Mary Moles still aches over the loss. At Christmas, she strung colored lights around Christopher's picture and watched home movies of him.

"Chris had a rough life growing up," she said. "It was never stable. Going to that wilderness camp didn't help. The state just put him in there and let him do his time. That's it. He didn't get help to the extent he should have.

"After James was electrocuted, Chris would want to see him. So I'd tell him, 'Look at the brightest star up in the sky. That's James and he's watching over us.' And Chris would go out and look at the sky every night. Now, I guess he's with him."

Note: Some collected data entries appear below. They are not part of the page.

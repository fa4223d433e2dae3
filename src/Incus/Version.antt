-- ===== src/Incus/Version.antt =====
-- incus.py: `parse_server_version` and `acl_project_lookup_is_broken`.
pub mod Fixed
use derico_sandbox.Errors.{◌>>=◌}
use derico_sandbox.Config.Ports.{int_digits}
use derico_sandbox.Errors.{Result, crash, err, ok, value_error}
use derico_sandbox.Prelude.{
  Bool, List, Option, String, [], if◌then◌else◌, ltb, nat_Eq, nat_eq, none, not, some, string_Eq,
  take, true, ℕ, ◌==◌, ◌∷◌,
}
use derico_sandbox.Prelude.Text.{split, strip}
use derico_sandbox.System.{System}

abbrev pub Version : Type 0
Version = ℕ × ℕ × ℕ

-- `[0, 0]` behind the numbers, as far as one of the three is missing
unfoldable pub padded : List ℕ → Option Version
padded [] = none
padded (a ∷ []) = some (a, 0, 0)
padded (a ∷ b ∷ []) = some (a, b, 0)
padded (a ∷ b ∷ c ∷ rest) = some (a, b, c)

-- `v < w` on tuples
version_lt : Version → Version → Bool
version_lt (a, b, c) (x, y, z) =
    if nat_eq a x then if nat_eq b y then ltb c z else ltb b y else ltb a x

abbrev fix_lts : Version
fix_lts = (6, 0, 6)

abbrev fix_feature : Version
fix_feature = (6, 22, 0)

unfoldable pub acl_project_lookup_is_broken : Version → Bool
unfolding version_lt
acl_project_lookup_is_broken (a, b, c) =
    if not (nat_eq a 6)
    then ltb a 6
    else if nat_eq b 0
    then version_lt (a, b, c) fix_lts
    else version_lt (a, b, c) fix_feature

module _ (system : System) where
  -- The digits that a part starts with.
  unfoldable pub leading_digits : String → String
  leading_digits String.[] = String.[]
  leading_digits (String.◌∷◌ c s) =
      let rest = leading_digits s in if system.is_digit c then String.◌∷◌ c rest else String.[]

  -- `numbers`: `int` refuses a digit that is not decimal.
  unfoldable pub version_numbers : List String → Result (List ℕ)
  version_numbers [] = ok []
  version_numbers (part ∷ rest) =
      let digits = leading_digits part in
      let later = version_numbers rest in
      let numbers : Result (List ℕ) = elim (int_digits system.platform true 0 digits) [
        | some n ↦ later >>= λ ns. ok (n ∷ ns)
        | none ↦ err (crash value_error)
      ] in
      if digits == "" then ok [] else numbers

  unfoldable pub parse_server_version : String → Result (Option Version)
  parse_server_version value = do
    numbers ← version_numbers (take 3 (split b'.' (strip value)))
    ok (padded numbers)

Mary Jackson taught Christopher at a Searcy alternative school. Now, she was at his funeral.

"He was tough. It was almost like a walnut. That exterior is so tough and almost impossible to break through," she said. "But when you get inside, it's mush. He didn't want anybody inside as much as he longed for that."

On the day of Christopher Rapier's funeral at the Valley Baptist Church in Searcy, family members, teachers, counselors, DHS caseworkers, foster children and gang members sat side by side.

Shawn Wilson was a pallbearer. So was foster parent Ray Sims.

As they walked outside, teacher Jackson turned to attorney Fuller and voiced the silent prayer of the adults who were heading back to work with other troubled children whose lives were hauntingly similar to that of the boy they had just buried.

"Please," she said, "let's not go through this again."

Postscript: On Jan. 6, another juvenile offender, Christopher Howard, hanged himself in the Crossett jail. The 16-year-old had escaped while on a trip overseen by Youth Bridge Inc. where he had been sent by DYS. He was facing felony charges of kidnapping, aggravated robbery, terroristic threatening and first-degree escape.